Instructions for the task:
Find each line of the material below in which the word "true" occurs, and return it.

* * * * * * *

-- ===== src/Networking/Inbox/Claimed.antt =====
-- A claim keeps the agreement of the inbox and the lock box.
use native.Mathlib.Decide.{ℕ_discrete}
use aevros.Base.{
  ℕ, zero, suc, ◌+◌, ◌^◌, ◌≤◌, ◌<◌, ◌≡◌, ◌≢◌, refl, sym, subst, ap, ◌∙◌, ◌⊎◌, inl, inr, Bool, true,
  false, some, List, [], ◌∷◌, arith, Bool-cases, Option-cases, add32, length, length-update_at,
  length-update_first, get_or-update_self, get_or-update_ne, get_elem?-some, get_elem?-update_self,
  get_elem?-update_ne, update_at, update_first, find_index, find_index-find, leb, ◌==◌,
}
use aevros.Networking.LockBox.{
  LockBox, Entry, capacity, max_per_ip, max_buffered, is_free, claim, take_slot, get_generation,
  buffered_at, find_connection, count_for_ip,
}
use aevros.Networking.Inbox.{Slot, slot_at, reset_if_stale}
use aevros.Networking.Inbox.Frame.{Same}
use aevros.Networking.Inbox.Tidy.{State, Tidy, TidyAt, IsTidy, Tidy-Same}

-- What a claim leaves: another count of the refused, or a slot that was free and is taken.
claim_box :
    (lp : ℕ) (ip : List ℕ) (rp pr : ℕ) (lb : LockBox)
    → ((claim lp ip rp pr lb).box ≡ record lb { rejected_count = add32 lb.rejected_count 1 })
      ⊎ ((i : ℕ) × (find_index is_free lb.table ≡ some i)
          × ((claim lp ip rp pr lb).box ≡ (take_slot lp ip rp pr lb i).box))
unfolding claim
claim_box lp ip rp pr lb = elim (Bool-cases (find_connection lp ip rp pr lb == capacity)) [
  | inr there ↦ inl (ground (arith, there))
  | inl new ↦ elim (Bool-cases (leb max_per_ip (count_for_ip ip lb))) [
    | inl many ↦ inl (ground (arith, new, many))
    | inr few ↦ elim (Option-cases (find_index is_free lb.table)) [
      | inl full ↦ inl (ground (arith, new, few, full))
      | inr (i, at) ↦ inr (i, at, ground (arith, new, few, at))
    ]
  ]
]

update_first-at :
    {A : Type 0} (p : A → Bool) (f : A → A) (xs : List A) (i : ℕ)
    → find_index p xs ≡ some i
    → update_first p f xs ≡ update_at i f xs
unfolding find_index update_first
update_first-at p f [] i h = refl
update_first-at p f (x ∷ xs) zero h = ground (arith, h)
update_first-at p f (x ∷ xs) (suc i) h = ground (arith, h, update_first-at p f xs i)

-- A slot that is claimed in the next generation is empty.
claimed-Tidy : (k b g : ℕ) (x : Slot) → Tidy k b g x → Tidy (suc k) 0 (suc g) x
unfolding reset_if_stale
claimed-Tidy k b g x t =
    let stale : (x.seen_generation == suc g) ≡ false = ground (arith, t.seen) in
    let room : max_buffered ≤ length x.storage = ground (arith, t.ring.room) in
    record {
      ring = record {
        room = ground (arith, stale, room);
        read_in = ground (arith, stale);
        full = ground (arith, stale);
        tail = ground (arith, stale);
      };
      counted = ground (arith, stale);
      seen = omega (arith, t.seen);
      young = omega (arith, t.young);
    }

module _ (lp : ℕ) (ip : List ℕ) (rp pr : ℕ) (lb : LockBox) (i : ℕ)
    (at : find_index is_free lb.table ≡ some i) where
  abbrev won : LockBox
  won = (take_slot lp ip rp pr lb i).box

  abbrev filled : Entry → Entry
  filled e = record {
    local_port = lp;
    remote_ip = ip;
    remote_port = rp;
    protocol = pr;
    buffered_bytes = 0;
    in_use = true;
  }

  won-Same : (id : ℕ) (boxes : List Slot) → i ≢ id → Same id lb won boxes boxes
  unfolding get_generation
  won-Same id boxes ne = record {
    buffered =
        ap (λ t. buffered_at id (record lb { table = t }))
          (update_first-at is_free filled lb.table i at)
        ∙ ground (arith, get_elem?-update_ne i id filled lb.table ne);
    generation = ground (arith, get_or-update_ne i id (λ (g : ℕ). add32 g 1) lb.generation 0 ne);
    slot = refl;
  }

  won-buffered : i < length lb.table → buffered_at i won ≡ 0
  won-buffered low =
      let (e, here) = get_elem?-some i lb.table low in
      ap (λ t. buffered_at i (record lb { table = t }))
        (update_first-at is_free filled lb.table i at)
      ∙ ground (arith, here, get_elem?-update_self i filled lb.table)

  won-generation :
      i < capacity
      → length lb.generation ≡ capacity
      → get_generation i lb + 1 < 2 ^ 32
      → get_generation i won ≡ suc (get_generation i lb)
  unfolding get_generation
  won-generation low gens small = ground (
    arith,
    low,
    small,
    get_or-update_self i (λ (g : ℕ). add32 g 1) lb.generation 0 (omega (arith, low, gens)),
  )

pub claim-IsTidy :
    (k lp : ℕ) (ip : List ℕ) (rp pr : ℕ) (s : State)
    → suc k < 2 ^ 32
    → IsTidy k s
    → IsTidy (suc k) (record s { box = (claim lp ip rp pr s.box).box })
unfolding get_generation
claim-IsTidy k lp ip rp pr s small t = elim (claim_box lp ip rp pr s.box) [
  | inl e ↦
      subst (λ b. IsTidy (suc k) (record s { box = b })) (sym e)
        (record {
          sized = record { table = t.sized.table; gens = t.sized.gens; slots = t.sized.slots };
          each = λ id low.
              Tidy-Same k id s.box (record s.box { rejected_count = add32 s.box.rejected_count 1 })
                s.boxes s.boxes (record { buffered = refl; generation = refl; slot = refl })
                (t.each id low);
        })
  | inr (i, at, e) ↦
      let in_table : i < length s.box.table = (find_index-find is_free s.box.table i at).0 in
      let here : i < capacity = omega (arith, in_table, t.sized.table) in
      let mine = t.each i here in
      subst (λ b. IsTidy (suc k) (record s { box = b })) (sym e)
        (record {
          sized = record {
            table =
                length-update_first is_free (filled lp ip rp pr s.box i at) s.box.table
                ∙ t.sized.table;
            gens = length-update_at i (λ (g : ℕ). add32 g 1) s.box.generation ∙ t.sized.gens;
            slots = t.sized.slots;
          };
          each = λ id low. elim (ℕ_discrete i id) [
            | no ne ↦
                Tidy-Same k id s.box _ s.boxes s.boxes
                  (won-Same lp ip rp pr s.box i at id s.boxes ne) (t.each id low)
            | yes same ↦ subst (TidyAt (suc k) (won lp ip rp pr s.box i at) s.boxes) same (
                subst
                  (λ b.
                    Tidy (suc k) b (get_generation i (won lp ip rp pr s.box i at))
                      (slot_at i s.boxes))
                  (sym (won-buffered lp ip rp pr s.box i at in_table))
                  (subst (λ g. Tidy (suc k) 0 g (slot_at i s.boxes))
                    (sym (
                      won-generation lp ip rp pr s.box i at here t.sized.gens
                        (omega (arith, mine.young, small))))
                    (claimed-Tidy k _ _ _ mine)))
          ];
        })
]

* * * * * * *

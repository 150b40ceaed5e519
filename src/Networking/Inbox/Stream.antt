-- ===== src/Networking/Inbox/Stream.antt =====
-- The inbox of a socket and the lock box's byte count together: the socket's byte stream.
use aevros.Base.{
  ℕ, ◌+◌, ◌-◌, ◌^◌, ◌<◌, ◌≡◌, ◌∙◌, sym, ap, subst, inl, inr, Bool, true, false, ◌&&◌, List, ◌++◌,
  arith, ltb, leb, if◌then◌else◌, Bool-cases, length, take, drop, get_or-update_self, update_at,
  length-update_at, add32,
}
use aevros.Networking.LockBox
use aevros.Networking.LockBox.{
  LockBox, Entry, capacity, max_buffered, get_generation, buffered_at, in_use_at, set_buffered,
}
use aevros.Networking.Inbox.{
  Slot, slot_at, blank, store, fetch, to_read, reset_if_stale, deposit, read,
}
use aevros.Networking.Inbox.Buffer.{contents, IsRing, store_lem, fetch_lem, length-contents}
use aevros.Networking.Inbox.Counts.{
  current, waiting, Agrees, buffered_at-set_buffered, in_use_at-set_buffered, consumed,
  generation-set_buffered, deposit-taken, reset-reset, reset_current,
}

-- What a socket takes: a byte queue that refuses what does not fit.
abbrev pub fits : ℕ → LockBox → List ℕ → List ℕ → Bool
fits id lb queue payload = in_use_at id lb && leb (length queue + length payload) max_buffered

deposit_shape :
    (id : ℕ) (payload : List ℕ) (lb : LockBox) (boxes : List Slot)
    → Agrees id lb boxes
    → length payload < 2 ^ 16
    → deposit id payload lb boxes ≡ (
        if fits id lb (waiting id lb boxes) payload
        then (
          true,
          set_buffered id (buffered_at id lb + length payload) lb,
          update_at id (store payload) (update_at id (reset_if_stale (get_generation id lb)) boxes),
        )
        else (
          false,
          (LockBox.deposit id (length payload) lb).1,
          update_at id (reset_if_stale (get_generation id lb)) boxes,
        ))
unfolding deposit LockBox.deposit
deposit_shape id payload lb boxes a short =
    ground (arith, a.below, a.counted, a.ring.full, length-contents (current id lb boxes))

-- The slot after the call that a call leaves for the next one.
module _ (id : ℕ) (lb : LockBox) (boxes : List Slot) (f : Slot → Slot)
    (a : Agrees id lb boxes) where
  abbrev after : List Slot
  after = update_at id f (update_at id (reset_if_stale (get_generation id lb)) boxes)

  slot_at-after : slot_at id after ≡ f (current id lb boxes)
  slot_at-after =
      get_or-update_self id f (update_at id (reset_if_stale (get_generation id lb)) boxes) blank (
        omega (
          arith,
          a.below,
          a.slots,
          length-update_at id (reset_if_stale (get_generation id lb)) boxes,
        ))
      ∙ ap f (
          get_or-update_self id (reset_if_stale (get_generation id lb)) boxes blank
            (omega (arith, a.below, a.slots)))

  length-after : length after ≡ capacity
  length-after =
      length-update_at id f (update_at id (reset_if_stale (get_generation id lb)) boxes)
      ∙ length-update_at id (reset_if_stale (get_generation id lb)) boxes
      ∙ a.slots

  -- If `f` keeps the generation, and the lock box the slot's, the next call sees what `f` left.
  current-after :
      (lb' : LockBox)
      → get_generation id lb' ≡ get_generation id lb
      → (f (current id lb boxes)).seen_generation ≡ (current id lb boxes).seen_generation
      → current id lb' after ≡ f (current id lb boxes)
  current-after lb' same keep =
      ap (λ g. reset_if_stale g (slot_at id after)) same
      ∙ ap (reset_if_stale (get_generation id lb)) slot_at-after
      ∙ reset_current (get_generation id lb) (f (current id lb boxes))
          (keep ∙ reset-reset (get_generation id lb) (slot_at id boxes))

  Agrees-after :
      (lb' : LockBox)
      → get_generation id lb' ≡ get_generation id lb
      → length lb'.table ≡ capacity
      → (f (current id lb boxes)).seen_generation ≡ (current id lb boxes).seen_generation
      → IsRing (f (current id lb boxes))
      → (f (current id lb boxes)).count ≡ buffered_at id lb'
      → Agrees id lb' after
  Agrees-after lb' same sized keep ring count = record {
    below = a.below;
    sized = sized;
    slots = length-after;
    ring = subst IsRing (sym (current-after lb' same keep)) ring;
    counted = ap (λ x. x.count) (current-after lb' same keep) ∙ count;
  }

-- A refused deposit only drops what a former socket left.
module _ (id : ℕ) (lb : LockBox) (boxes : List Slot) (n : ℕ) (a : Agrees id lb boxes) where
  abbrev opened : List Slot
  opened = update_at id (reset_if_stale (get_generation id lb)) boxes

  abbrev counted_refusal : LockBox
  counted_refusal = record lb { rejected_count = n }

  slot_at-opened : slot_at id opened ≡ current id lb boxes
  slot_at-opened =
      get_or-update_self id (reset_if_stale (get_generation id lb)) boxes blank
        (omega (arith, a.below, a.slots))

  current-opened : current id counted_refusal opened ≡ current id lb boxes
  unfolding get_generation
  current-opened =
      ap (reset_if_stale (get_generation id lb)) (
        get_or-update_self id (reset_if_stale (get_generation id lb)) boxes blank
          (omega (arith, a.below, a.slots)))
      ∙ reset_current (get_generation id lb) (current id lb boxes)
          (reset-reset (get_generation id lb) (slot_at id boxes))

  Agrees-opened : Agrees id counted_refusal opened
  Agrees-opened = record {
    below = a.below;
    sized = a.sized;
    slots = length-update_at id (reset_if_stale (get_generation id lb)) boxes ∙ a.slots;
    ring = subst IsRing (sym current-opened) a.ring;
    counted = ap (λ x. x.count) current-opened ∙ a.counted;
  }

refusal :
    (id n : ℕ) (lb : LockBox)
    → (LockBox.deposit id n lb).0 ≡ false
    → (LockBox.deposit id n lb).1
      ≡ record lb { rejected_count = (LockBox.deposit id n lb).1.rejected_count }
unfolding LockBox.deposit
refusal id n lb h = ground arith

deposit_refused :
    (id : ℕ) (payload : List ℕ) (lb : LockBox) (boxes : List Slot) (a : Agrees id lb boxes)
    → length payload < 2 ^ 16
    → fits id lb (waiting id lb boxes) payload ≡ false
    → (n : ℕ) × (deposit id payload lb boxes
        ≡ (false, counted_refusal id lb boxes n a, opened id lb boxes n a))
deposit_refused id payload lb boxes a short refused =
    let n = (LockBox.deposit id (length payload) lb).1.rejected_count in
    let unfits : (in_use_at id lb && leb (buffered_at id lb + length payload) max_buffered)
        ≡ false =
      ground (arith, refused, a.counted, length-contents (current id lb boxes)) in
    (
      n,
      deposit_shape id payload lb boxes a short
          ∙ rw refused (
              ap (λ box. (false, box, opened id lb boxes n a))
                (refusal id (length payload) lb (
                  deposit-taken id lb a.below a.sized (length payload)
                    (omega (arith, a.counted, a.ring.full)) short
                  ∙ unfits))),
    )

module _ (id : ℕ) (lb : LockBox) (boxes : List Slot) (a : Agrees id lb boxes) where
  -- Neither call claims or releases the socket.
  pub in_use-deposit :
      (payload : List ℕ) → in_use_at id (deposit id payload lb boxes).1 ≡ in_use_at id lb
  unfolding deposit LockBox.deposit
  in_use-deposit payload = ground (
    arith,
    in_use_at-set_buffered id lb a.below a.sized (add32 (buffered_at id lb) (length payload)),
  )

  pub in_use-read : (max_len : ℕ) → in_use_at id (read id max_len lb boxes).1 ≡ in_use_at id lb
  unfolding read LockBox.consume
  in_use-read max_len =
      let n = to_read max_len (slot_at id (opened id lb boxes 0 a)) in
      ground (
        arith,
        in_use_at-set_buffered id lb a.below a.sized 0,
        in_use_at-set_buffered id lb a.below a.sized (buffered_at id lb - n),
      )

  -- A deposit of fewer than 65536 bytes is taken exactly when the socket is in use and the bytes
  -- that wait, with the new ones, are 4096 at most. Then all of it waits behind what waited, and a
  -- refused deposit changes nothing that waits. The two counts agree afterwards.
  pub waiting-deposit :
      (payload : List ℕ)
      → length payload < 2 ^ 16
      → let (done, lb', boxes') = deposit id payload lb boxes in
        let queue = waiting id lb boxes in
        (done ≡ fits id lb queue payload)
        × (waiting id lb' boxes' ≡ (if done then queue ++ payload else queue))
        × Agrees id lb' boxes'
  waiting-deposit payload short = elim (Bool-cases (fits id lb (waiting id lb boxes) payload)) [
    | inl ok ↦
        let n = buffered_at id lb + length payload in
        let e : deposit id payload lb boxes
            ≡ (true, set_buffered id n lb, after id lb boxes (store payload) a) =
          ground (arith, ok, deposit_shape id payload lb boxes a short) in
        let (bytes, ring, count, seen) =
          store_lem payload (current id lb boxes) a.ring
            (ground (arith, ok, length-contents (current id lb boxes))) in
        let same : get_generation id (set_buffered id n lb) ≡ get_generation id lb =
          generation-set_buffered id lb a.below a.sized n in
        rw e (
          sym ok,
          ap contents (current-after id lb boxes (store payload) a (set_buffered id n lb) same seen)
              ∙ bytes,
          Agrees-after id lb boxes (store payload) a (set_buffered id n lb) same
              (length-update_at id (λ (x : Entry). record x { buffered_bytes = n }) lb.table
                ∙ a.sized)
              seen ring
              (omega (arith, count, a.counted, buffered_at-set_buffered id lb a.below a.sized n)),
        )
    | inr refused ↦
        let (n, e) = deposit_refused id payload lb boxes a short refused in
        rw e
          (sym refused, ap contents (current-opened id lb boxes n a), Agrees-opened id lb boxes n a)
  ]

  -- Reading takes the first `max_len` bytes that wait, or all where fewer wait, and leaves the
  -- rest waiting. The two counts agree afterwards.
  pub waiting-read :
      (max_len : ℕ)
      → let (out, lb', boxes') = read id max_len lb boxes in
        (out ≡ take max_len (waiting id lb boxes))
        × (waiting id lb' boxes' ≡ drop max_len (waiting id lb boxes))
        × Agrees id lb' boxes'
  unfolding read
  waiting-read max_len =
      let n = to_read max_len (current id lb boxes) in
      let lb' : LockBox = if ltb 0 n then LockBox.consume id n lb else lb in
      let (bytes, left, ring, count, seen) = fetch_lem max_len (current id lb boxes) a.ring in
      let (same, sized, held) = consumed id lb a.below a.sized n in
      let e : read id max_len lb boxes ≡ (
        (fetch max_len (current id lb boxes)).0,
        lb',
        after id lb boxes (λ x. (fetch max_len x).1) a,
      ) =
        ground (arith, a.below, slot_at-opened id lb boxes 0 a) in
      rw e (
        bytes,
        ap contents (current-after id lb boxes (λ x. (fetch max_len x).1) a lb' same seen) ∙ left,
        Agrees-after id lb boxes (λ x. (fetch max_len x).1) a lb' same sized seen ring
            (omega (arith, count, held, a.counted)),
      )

* * * * * * *

Response box:
  ℕ, zero, suc, ◌+◌, ◌^◌, ◌≤◌, ◌<◌, ◌≡◌, ◌≢◌, refl, sym, subst, ap, ◌∙◌, ◌⊎◌, inl, inr, Bool, true,
    in_use = true;
  ℕ, ◌+◌, ◌-◌, ◌^◌, ◌<◌, ◌≡◌, ◌∙◌, sym, ap, subst, inl, inr, Bool, true, false, ◌&&◌, List, ◌++◌,
          true,
            ≡ (true, set_buffered id n lb, after id lb boxes (store payload) a) =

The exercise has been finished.